= GOAL OF THE EXERCISE =
Copy each line below holding "behind".

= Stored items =
'''
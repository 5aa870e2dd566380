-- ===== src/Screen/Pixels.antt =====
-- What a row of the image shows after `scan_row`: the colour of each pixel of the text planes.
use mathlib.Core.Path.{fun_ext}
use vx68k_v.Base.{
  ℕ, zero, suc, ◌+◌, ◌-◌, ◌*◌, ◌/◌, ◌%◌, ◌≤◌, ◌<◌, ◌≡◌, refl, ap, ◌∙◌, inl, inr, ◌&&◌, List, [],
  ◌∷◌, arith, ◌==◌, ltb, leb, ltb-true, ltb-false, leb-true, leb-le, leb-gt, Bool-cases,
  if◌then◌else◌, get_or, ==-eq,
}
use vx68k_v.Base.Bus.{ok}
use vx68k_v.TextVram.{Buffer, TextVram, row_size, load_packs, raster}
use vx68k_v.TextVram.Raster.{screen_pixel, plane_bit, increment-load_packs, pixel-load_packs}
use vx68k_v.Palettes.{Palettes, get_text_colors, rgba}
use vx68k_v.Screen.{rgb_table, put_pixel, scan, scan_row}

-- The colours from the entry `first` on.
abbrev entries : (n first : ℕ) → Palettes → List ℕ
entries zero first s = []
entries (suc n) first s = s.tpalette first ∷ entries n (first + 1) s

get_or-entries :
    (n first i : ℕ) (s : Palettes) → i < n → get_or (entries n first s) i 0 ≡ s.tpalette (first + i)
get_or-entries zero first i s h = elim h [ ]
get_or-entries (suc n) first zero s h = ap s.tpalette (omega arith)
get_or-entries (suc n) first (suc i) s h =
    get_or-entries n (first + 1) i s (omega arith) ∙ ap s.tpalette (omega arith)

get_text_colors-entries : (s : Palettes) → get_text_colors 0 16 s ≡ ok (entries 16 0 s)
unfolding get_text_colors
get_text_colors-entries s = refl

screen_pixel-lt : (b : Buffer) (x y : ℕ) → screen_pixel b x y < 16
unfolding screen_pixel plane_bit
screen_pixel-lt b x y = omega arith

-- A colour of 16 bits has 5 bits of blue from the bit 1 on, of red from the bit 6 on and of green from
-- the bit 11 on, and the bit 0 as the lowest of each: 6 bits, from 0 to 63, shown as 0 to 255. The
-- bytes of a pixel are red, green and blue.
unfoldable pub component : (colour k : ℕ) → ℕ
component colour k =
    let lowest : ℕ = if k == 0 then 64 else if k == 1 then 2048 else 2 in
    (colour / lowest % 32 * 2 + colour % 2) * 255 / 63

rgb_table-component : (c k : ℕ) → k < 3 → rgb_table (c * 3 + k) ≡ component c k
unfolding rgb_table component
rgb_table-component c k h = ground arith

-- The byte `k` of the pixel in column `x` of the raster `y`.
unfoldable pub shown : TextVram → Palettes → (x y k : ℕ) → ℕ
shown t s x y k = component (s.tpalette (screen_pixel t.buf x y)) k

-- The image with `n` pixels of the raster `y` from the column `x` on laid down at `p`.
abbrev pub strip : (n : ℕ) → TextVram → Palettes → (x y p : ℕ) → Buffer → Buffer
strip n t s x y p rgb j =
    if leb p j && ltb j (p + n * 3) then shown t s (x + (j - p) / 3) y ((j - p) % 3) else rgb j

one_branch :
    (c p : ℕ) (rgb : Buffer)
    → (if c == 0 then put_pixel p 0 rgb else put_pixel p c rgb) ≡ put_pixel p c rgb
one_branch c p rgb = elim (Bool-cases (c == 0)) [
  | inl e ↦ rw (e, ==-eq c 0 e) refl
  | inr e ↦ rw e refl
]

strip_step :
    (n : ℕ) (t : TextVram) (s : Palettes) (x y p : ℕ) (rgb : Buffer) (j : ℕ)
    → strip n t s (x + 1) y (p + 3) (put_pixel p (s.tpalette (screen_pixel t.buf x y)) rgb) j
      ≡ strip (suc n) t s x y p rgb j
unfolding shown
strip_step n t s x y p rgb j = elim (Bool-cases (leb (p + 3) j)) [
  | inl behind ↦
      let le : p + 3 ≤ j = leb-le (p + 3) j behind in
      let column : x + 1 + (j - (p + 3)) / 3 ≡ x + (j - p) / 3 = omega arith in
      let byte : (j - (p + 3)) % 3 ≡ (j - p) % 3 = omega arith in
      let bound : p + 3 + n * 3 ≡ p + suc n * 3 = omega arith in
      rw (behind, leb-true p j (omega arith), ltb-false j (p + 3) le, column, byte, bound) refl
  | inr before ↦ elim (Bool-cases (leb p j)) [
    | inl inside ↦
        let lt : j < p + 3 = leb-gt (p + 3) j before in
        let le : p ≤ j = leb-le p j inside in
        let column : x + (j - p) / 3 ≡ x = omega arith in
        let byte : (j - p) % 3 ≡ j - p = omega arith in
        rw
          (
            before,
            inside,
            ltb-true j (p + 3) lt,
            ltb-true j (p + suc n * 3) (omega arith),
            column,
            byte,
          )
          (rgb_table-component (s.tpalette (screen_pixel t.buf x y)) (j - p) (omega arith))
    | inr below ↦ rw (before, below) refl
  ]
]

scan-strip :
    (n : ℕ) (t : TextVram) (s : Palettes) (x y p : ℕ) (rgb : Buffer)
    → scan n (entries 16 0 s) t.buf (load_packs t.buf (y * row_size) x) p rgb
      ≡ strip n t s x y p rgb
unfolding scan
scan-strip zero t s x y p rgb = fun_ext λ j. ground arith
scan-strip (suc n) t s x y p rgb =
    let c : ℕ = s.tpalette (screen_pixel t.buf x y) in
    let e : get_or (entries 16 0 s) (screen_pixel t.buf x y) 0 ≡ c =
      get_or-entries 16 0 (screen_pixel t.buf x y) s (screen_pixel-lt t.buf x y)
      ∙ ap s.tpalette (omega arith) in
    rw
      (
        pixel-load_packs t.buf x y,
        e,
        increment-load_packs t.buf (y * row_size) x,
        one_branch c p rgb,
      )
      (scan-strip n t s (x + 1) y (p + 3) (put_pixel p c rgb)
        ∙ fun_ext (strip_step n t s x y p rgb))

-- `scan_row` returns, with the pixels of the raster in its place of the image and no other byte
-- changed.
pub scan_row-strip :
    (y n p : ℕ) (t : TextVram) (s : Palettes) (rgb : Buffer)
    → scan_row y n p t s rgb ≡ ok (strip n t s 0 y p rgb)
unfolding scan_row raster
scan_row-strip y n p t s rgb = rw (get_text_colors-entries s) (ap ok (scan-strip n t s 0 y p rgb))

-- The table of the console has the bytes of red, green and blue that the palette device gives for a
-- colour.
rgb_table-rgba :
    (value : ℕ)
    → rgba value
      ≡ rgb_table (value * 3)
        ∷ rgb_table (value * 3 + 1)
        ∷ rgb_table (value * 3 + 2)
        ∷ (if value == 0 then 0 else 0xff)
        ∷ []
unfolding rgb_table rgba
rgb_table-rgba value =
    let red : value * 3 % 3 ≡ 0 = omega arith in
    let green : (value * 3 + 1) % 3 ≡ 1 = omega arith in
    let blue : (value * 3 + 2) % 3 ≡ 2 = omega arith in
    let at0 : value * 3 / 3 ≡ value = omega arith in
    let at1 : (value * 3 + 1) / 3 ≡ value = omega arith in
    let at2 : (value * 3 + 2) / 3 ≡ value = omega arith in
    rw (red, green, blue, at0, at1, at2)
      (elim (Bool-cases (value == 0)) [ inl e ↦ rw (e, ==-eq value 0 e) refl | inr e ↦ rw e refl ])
'''
'''
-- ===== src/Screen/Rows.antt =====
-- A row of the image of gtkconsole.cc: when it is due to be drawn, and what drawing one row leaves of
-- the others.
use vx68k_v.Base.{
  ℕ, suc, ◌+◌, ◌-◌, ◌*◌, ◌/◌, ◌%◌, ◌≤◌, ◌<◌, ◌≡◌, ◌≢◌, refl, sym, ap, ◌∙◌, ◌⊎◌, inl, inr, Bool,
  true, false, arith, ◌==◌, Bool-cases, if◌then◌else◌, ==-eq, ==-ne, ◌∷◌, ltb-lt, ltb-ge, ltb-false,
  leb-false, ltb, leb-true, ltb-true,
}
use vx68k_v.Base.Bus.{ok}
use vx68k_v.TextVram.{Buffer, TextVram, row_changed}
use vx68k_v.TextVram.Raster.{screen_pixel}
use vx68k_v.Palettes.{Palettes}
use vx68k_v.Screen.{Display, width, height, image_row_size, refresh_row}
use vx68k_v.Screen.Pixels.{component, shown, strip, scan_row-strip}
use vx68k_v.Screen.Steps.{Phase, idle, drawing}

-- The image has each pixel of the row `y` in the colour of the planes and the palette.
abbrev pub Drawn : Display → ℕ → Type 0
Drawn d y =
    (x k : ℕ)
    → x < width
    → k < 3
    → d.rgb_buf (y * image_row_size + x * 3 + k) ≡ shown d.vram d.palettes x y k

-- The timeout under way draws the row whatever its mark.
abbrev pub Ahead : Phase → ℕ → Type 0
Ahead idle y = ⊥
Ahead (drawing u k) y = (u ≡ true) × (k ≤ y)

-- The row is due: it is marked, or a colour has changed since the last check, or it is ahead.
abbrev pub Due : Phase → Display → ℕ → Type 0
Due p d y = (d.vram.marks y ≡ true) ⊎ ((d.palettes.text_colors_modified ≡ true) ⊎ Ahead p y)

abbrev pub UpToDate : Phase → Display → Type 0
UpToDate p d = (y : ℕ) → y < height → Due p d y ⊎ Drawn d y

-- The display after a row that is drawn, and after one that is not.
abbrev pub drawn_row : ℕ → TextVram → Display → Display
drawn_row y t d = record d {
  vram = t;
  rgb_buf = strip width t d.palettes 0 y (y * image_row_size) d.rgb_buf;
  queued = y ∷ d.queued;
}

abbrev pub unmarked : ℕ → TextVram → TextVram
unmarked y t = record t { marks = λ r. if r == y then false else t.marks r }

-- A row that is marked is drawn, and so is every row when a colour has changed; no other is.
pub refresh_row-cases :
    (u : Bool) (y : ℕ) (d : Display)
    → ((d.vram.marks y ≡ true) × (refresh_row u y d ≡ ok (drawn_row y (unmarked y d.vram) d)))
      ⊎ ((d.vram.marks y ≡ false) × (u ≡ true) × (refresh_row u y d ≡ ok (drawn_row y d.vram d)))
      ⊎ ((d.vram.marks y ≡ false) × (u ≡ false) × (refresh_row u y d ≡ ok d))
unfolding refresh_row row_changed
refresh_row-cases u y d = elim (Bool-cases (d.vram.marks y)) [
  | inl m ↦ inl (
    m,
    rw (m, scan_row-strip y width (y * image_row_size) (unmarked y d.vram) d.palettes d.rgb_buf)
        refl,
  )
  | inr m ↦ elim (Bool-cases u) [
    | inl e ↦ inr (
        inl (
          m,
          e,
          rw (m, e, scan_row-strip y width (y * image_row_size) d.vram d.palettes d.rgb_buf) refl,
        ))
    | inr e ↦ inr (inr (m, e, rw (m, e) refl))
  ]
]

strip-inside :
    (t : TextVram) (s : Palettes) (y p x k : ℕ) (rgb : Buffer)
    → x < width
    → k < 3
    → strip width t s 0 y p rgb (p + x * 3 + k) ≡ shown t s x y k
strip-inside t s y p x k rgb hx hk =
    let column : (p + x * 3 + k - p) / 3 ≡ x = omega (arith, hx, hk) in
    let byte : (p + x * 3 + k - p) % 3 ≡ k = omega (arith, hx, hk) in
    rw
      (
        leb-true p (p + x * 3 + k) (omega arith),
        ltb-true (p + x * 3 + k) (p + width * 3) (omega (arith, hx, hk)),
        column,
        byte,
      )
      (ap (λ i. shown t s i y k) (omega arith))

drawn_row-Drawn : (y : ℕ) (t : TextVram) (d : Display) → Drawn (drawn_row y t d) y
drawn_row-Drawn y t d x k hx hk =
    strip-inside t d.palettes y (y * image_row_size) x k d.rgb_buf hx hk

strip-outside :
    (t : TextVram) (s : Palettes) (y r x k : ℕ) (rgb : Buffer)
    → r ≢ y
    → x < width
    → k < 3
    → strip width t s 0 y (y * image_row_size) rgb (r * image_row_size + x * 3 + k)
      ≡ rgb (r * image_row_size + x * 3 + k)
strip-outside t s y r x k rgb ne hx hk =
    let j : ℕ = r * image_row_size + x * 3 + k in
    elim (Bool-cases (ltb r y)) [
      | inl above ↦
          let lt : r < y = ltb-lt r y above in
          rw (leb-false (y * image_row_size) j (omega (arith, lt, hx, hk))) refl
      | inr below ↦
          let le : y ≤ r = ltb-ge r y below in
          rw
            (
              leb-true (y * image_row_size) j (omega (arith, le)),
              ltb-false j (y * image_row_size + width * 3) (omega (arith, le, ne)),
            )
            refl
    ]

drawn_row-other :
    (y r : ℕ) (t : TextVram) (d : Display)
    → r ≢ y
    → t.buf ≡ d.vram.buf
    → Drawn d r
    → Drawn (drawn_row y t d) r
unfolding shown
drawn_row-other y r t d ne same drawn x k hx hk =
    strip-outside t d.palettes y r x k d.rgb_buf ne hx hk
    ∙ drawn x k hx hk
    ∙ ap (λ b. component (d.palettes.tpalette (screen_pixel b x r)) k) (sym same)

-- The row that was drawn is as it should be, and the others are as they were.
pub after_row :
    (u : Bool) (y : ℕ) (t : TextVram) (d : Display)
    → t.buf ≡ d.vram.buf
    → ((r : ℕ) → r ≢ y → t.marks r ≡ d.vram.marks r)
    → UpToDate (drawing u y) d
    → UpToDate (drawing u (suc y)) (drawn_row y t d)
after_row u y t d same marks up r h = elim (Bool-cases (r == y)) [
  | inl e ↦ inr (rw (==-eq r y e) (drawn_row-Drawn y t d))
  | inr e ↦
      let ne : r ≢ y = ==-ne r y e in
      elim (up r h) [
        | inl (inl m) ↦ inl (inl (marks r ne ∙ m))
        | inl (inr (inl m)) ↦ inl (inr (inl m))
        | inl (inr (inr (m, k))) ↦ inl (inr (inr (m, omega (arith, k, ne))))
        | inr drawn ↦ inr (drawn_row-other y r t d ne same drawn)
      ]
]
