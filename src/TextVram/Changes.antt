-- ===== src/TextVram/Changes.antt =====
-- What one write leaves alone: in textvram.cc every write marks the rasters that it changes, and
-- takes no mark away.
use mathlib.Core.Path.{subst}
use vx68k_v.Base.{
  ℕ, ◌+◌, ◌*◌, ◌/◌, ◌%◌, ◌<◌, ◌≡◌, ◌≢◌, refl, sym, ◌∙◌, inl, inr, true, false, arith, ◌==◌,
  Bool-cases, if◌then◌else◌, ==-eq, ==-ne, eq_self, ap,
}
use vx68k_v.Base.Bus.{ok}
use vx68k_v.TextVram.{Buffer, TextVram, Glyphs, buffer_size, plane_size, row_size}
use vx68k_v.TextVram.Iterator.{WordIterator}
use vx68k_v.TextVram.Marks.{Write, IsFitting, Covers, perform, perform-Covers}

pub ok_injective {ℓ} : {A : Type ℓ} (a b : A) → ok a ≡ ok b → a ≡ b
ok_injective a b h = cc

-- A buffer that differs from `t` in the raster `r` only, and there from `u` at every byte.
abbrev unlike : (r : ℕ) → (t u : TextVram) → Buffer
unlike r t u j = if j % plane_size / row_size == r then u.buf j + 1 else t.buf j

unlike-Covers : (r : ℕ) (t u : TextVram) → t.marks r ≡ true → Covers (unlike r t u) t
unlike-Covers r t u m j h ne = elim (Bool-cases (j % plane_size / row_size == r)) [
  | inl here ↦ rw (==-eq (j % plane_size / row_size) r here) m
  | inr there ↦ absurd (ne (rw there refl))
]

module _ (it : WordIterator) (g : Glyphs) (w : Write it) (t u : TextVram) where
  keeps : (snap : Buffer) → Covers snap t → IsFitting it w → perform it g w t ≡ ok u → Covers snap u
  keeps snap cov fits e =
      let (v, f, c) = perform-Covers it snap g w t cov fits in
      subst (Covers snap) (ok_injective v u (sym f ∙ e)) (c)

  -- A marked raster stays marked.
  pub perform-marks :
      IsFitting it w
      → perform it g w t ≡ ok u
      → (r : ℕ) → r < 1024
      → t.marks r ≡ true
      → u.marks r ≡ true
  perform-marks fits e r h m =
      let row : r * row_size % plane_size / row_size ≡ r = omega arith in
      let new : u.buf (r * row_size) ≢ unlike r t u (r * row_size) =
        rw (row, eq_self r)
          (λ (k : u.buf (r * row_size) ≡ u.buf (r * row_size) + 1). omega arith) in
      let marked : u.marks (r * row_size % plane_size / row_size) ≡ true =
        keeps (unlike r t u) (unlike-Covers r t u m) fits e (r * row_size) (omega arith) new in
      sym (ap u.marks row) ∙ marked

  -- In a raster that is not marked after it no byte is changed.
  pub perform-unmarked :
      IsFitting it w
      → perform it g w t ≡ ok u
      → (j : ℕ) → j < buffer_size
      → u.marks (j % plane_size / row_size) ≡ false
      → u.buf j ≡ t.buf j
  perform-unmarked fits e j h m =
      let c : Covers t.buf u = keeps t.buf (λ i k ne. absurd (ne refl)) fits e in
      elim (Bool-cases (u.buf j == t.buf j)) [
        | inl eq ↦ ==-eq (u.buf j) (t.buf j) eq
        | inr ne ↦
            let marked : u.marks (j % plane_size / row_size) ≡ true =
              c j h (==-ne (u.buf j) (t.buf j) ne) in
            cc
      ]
'''
'''
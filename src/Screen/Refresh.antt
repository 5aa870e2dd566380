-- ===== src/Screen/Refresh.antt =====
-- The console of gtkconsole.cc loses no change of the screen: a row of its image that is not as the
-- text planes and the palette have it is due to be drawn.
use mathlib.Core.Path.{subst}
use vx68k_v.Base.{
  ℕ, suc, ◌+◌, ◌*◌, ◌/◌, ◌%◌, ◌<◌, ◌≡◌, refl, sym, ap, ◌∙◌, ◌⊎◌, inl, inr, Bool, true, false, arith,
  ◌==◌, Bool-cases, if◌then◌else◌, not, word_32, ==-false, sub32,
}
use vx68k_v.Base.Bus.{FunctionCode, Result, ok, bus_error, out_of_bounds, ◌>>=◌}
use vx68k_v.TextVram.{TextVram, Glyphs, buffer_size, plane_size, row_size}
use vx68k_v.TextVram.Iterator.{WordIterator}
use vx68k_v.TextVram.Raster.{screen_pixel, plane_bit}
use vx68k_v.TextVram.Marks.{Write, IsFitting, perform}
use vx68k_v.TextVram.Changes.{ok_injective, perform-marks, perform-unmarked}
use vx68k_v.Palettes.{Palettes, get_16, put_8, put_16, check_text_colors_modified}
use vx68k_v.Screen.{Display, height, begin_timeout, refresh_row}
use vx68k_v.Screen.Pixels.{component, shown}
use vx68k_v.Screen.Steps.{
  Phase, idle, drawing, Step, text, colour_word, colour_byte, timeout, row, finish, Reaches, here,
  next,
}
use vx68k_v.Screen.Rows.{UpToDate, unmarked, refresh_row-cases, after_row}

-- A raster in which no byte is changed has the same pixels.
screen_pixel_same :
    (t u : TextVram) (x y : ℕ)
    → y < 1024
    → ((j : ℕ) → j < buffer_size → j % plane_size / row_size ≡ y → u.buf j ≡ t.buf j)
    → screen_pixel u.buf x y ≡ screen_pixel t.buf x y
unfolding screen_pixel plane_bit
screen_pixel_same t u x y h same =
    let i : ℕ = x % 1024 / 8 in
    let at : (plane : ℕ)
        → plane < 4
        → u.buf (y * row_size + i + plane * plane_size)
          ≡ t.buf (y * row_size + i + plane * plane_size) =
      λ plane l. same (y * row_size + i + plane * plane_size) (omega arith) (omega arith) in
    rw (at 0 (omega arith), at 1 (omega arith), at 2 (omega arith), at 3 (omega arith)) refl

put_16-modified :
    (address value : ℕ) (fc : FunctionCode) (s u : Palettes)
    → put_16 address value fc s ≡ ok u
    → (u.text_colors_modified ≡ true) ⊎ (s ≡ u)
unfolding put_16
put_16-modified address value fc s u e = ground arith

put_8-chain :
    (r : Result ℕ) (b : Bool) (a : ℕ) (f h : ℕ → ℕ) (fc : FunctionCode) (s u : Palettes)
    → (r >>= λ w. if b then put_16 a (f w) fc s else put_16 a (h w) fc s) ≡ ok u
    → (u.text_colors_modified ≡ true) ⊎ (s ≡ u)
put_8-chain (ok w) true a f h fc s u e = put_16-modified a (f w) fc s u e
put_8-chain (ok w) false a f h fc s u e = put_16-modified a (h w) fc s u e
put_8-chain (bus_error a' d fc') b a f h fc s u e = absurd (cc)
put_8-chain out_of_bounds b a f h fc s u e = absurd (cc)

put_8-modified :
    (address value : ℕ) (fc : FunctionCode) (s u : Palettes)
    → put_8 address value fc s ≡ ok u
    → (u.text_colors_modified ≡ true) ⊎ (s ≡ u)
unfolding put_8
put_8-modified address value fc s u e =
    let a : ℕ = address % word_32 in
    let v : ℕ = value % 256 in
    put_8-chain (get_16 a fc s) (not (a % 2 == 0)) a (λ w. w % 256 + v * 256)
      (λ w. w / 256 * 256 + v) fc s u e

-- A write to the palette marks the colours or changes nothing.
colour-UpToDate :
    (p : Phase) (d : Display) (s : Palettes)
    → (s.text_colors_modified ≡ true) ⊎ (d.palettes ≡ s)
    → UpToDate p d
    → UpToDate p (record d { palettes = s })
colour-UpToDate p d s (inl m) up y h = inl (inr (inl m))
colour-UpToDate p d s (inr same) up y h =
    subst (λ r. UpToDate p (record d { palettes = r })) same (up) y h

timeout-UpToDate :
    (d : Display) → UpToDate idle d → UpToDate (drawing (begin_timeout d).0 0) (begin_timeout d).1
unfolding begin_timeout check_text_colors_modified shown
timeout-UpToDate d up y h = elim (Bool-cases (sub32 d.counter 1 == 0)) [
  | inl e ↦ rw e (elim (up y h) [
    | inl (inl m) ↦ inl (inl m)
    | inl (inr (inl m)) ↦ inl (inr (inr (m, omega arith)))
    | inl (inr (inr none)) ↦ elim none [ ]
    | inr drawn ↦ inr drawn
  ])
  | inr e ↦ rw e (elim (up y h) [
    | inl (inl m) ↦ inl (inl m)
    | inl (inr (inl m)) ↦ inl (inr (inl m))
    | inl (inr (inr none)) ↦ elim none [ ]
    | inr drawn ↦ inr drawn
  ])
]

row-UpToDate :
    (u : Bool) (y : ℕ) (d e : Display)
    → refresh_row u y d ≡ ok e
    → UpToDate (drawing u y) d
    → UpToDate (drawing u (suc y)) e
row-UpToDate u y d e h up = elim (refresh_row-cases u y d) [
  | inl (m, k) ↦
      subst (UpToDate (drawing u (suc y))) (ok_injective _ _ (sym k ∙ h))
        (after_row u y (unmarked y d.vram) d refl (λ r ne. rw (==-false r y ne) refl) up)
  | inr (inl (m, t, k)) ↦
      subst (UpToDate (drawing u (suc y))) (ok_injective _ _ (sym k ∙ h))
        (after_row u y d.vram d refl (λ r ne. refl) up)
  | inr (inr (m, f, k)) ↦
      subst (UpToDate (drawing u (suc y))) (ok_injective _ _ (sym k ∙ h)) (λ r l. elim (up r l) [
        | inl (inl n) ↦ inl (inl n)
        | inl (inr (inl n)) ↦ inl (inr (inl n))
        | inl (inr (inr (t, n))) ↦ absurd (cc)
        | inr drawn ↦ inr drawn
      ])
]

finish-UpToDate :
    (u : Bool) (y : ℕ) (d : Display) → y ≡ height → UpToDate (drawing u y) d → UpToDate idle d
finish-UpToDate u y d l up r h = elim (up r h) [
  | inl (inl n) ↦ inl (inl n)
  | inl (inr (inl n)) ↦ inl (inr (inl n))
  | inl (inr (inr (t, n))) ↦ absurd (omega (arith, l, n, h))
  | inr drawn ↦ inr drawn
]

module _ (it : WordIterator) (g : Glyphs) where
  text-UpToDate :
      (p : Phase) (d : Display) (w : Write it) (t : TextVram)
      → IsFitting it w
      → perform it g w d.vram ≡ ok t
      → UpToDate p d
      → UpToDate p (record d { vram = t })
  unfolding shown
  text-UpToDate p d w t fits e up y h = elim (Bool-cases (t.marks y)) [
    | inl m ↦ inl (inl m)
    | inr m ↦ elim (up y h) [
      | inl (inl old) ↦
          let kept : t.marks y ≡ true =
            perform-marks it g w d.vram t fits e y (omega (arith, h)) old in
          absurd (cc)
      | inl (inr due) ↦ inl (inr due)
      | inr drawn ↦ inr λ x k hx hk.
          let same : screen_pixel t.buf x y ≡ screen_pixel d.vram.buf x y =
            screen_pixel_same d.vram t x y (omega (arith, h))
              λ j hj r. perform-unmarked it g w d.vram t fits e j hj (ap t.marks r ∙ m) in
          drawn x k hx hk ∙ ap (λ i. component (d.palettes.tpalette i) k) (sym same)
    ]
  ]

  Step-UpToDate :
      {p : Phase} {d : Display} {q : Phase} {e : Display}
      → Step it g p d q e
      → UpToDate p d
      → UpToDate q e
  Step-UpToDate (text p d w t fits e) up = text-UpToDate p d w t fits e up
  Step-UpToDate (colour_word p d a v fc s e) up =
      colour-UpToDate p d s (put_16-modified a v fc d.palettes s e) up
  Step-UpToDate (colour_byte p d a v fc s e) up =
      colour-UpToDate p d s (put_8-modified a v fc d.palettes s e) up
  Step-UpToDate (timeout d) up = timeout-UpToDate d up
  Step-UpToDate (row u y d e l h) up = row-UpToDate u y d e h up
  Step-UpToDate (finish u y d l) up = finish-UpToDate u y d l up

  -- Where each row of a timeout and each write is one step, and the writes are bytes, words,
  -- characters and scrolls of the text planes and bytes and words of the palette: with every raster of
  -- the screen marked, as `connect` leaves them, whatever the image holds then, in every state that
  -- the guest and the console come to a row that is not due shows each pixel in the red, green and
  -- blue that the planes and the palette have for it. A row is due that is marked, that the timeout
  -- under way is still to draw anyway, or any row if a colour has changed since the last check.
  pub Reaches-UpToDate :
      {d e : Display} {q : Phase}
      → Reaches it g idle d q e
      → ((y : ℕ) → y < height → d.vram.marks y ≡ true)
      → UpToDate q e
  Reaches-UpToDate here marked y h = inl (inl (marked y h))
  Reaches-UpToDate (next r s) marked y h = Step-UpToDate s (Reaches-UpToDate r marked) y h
'''
= RESULT =
  | inl behind ↦
      let le : p + 3 ≤ j = leb-le (p + 3) j behind in
      rw (behind, leb-true p j (omega arith), ltb-false j (p + 3) le, column, byte, bound) refl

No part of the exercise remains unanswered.